## Description of the task
Locate the word "false" in the data below, then copy every line that holds it.

## The records
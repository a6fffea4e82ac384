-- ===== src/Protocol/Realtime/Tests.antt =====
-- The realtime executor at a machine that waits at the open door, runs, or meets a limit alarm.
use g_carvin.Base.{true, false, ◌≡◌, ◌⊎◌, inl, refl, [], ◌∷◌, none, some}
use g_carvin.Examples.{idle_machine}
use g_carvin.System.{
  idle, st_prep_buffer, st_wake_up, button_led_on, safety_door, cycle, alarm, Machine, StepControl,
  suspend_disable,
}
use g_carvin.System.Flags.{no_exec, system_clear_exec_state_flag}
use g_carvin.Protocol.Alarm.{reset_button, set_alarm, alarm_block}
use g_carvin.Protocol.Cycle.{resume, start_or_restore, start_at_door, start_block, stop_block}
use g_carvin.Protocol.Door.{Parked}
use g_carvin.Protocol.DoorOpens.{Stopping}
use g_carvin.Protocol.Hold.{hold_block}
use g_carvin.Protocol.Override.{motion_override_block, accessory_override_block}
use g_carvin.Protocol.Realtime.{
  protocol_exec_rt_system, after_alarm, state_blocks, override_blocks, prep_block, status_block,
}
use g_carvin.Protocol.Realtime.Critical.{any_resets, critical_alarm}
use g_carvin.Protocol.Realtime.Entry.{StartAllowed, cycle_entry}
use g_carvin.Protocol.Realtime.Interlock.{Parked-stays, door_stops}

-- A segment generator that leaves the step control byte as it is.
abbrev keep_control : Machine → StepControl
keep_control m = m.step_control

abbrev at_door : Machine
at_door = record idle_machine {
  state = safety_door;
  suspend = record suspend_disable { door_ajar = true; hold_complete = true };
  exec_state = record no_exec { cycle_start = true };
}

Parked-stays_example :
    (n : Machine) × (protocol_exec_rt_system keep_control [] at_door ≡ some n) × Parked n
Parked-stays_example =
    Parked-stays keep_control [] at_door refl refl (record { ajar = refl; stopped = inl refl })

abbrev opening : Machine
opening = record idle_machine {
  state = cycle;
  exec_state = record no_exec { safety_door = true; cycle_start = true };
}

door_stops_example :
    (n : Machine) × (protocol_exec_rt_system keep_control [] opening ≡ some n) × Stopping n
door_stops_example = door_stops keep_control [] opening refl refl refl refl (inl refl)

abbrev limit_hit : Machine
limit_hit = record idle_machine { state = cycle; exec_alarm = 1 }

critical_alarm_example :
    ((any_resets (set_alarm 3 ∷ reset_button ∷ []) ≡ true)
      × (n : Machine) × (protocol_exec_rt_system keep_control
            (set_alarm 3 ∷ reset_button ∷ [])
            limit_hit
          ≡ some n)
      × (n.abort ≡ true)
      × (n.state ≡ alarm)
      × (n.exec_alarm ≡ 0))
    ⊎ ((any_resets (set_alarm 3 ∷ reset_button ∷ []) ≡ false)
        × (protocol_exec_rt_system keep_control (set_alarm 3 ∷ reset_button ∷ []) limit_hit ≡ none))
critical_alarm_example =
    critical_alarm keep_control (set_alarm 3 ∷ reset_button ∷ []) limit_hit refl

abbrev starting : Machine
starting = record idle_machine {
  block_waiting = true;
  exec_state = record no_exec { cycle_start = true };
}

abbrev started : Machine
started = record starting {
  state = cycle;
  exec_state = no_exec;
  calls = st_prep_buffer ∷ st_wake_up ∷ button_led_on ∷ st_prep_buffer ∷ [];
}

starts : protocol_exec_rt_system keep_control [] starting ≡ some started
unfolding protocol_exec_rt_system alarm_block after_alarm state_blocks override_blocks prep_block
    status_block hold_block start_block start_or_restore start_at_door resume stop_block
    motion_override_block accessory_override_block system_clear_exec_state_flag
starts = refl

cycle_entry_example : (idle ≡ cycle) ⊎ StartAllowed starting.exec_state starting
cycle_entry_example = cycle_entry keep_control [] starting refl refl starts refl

## Response area
use g_carvin.Base.{true, false, ◌≡◌, ◌⊎◌, inl, refl, [], ◌∷◌, none, some}
    ⊎ ((any_resets (set_alarm 3 ∷ reset_button ∷ []) ≡ false)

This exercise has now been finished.